Dietary supplements are causing ‘severe’ health issues in kids

Brittany A. Roston - Jun 7, 2019, 4:24pm CDT
Dietary supplements are causing ‘severe’ health issues in kids

A new study led by Harvard’s T.H. Chan School of Public Health warns that dietary supplements are causing serious health issues in some kids and teens who consume them. These supplements, which are typically available to purchase over-the-counter at places like gas stations and grocery stores, claim to offer benefits like better energy and improved sports performance.

READ: Study warns teen “alternative medicine” use is growing

Somewhere between alternative medicine and legitimate medicine lies the vast, poorly regulated world of dietary supplements, a term applied to everything from over-the-counter herbs and vitamins to products that mix multiple compounds together. Dietary supplements remain very popular and purport to offer a variety of health benefits, including memory improvements, energy, and more.

A large number of teens and kids are consuming these dietary supplements, and according to the newly published study, they may experience a number of serious health issues as a result. The research looked specifically at supplements sold for things like weight loss and muscle building and compared them to the effects of ordinary vitamins.

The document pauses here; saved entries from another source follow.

-- ===== src/Packet/RoundTrip.antt =====
-- Strings and numbers through a packet, and the outcomes of WriteString.
use mmo_server.Common.{
  ℕ, ◌+◌, ◌-◌, ◌%◌, ◌^◌, ◌≤◌, ◌<◌, ◌≡◌, refl, sym, ap, ap₂, ◌∙◌, ◌⊎◌, inl, inr, true, false, some,
  List, ◌++◌, arith, length, length-append, length-take, length-drop, take, drop, take-append,
  drop-append, append_assoc, le→ltb, ne→==, encode_le, decode_le, decode_le-encode_le4, returned,
}
use mmo_server.Packet.{
  PacketWriter, PacketReader, max_packet_size, write, write_string, read_bytes, read, read_string,
  remaining_bytes,
}
use mmo_server.Packet.Bounds.{Bounded, advanced, write_bytes_cases}

pub advanced-Bounded :
    (w : PacketWriter) (bytes : List ℕ)
    → Bounded w
    → w.offset + length bytes ≤ max_packet_size
    → Bounded (advanced w bytes)
advanced-Bounded w bytes b room =
    let total =
      length-append (take w.offset w.buffer) (bytes ++ drop (w.offset + length bytes) w.buffer) in
    let back = length-append bytes (drop (w.offset + length bytes) w.buffer) in
    record {
      inside = omega (
        arith,
        total,
        back,
        length-take w.offset w.buffer,
        length-drop (w.offset + length bytes) w.buffer,
        b.inside,
      );
      limited = omega (
        arith,
        total,
        back,
        length-take w.offset w.buffer,
        length-drop (w.offset + length bytes) w.buffer,
        b.inside,
        b.limited,
      );
    }

-- The length that goes in front of a string.
abbrev pub length_bytes : List ℕ → List ℕ
length_bytes str = encode_le 4 (length str % 2 ^ 32)

-- WriteString on a writer inside a buffer within the limit, of a string of less than 2 ^ 32 bytes,
-- never throws. It writes the length and the string where both fit within 64 KiB. Where the length
-- fits and the string does not, it returns false and puts the offset back, but the four bytes of the
-- length stay in the buffer. Where not even the length fits, it returns false and changes nothing.
pub write_string_outcome :
    (w : PacketWriter) (str : List ℕ)
    → Bounded w
    → length str < 2 ^ 32
    → ((w.offset + 4 + length str ≤ max_packet_size)
        × (write_string w str ≡ returned (true, advanced (advanced w (length_bytes str)) str)))
      ⊎ (((w.offset + 4 ≤ max_packet_size)
            × (max_packet_size < w.offset + 4 + length str)
            × (write_string w str
                ≡ returned (false, record (advanced w (length_bytes str)) { offset = w.offset })))
          ⊎ ((max_packet_size < w.offset + 4) × (write_string w str ≡ returned (false, w))))
unfolding write_string write
write_string_outcome w str b small = elim (write_bytes_cases w (length_bytes str) b (omega arith)) [
  | inl (over, e) ↦ inr (inr (over, ground (arith, e)))
  | inr (room, e) ↦
      elim (write_bytes_cases (advanced w (length_bytes str)) str
        (advanced-Bounded w (length_bytes str) b room) (omega arith)) [
          | inl (over, e') ↦ inr (inl (room, over, ground (arith, e, e')))
          | inr (fits, e') ↦ inl (fits, ground (arith, e, e'))
        ]
]

-- A reader at the end of `front` finds what follows it.
pub read_bytes-here :
    (front bytes rest : List ℕ)
    → 0 < length bytes
    → read_bytes (record { view = front ++ (bytes ++ rest); offset = length front }) (length bytes)
      ≡ (
        some bytes,
        record { view = front ++ (bytes ++ rest); offset = length front + length bytes },
      )
unfolding read_bytes
read_bytes-here front bytes rest nonempty =
    rw
      (
        ne→== (length bytes) 0 (λ e. omega (arith, e, nonempty)),
        le→ltb (length (front ++ (bytes ++ rest)) - length front) (length bytes)
            (omega (arith, length-append front (bytes ++ rest), length-append bytes rest)),
        drop-append front (bytes ++ rest),
        take-append bytes rest,
      )
      refl

read_string-some :
    (r r' : PacketReader) (bytes : List ℕ) (len : ℕ)
    → read_bytes r 4 ≡ (some bytes, r')
    → decode_le bytes ≡ len
    → len ≤ remaining_bytes r'
    → read_string r
      ≡ (some (take len (drop r'.offset r'.view)), record r' { offset = r'.offset + len })
unfolding read_string read
read_string-some r r' bytes len e value room = ground (arith, e, value, room)

read_string-here :
    (front str rest : List ℕ)
    → length str < 2 ^ 32
    → read_string
        (record { view = front ++ (length_bytes str ++ (str ++ rest)); offset = length front })
      ≡ (
        some str,
        record {
          view = front ++ (length_bytes str ++ (str ++ rest));
          offset = length front + 4 + length str;
        },
      )
unfolding read_string read
read_string-here front str rest small =
    let whole : List ℕ = front ++ (length_bytes str ++ (str ++ rest)) in
    let found = read_bytes-here front (length_bytes str) (str ++ rest) (omega arith) in
    let value : decode_le (length_bytes str) ≡ length str =
      decode_le-encode_le4 (length str % 2 ^ 32) (omega arith) ∙ omega arith in
    let total = length-append front (length_bytes str ++ (str ++ rest)) in
    let back = length-append str rest in
    let tail : drop (length front + 4) whole ≡ str ++ rest =
      ap₂ drop (sym (length-append front (length_bytes str)))
        (sym (append_assoc front (length_bytes str) (str ++ rest)))
      ∙ drop-append (front ++ length_bytes str) (str ++ rest) in
    let room : length str ≤ length whole - (length front + 4) = omega (arith, total, back) in
    read_string-some (record { view = whole; offset = length front })
      (record { view = whole; offset = length front + 4 }) (length_bytes str) (length str) found
      value room
    ∙ ap (λ bytes. (some bytes, record { view = whole; offset = length front + 4 + length str }))
        (ap (take (length str)) tail ∙ take-append str rest)

pub twice_advanced :
    (w : PacketWriter) (xs ys : List ℕ)
    → Bounded w
    → (rest : List ℕ) × ((advanced (advanced w xs) ys).buffer
        ≡ take w.offset w.buffer ++ (xs ++ (ys ++ rest)))
twice_advanced w xs ys b =
    let front : List ℕ = take w.offset w.buffer in
    let back : List ℕ = drop (w.offset + length xs) w.buffer in
    let size : length (front ++ xs) ≡ w.offset + length xs =
      length-append front xs ∙ omega (arith, length-take w.offset w.buffer, b.inside) in
    (
      drop (w.offset + length xs + length ys) (front ++ (xs ++ back)),
      ap (λ l. l ++ (ys ++ drop (w.offset + length xs + length ys) (front ++ (xs ++ back))))
            (ap₂ take (sym size) (sym (append_assoc front xs back))
              ∙ take-append (front ++ xs) back)
          ∙ append_assoc front xs _,
    )

-- A string of less than 2 ^ 32 bytes that fits within the limit, written by a writer that stands
-- anywhere inside a buffer within the limit: WriteString returns true, and ReadString of a reader
-- over the buffer that stands where the writer stood gives the string back and ends where the writer
-- ends.
pub write_string-read_string :
    (w : PacketWriter) (str : List ℕ)
    → Bounded w
    → length str < 2 ^ 32
    → w.offset + 4 + length str ≤ max_packet_size
    → (w' : PacketWriter) × (write_string w str ≡ returned (true, w'))
      × Bounded w'
      × (read_string (record { view = w'.buffer; offset = w.offset })
          ≡ (some str, record { view = w'.buffer; offset = w'.offset }))
write_string-read_string w str b small room = elim (write_string_outcome w str b small) [
  | inr (inl (_, over, _)) ↦ absurd (omega (arith, over, room))
  | inr (inr (over, _)) ↦ absurd (omega (arith, over, room))
  | inl (_, e) ↦
      let bounded =
        advanced-Bounded (advanced w (length_bytes str)) str
          (advanced-Bounded w (length_bytes str) b (omega arith)) room in
      let (rest, buffer) = twice_advanced w (length_bytes str) str b in
      let size : length (take w.offset w.buffer) ≡ w.offset =
        length-take w.offset w.buffer ∙ omega (arith, b.inside) in
      (
        advanced (advanced w (length_bytes str)) str,
        e,
        bounded,
        ap read_string (ap₂ (λ v o. record { view = v; offset = o }) buffer (sym size))
            ∙ read_string-here (take w.offset w.buffer) str rest small
            ∙ ap₂ (λ v o. (some str, record { view = v; offset = o })) (sym buffer)
                (ap (λ n. n + 4 + length str) size),
      )
]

When compared to vitamins, these dietary supplements were linked to almost three times the number of ‘severe medical outcomes’ in individuals ages 0 to 25. Of the 977 ‘adverse event reports’ that resulted from taking these supplements, the researchers found that around 40-percent had ‘severe medical outcomes,’ up to the point of hospitalization and even death.

The energy, muscle building, and energy supplements were associated with around three times the number of several health outcomes compared to vitamins; in contrast, colon cleanse and sexual function supplements were associated with around two times the risk for these outcomes compared to vitamins.

The study points out that these supplements may contain unexpected and harmful ingredients due to the relative lack of regulations. Some dietary supplements were found to include a variety of concerning compounds, including pesticides, heavy metals, and even prescription drugs.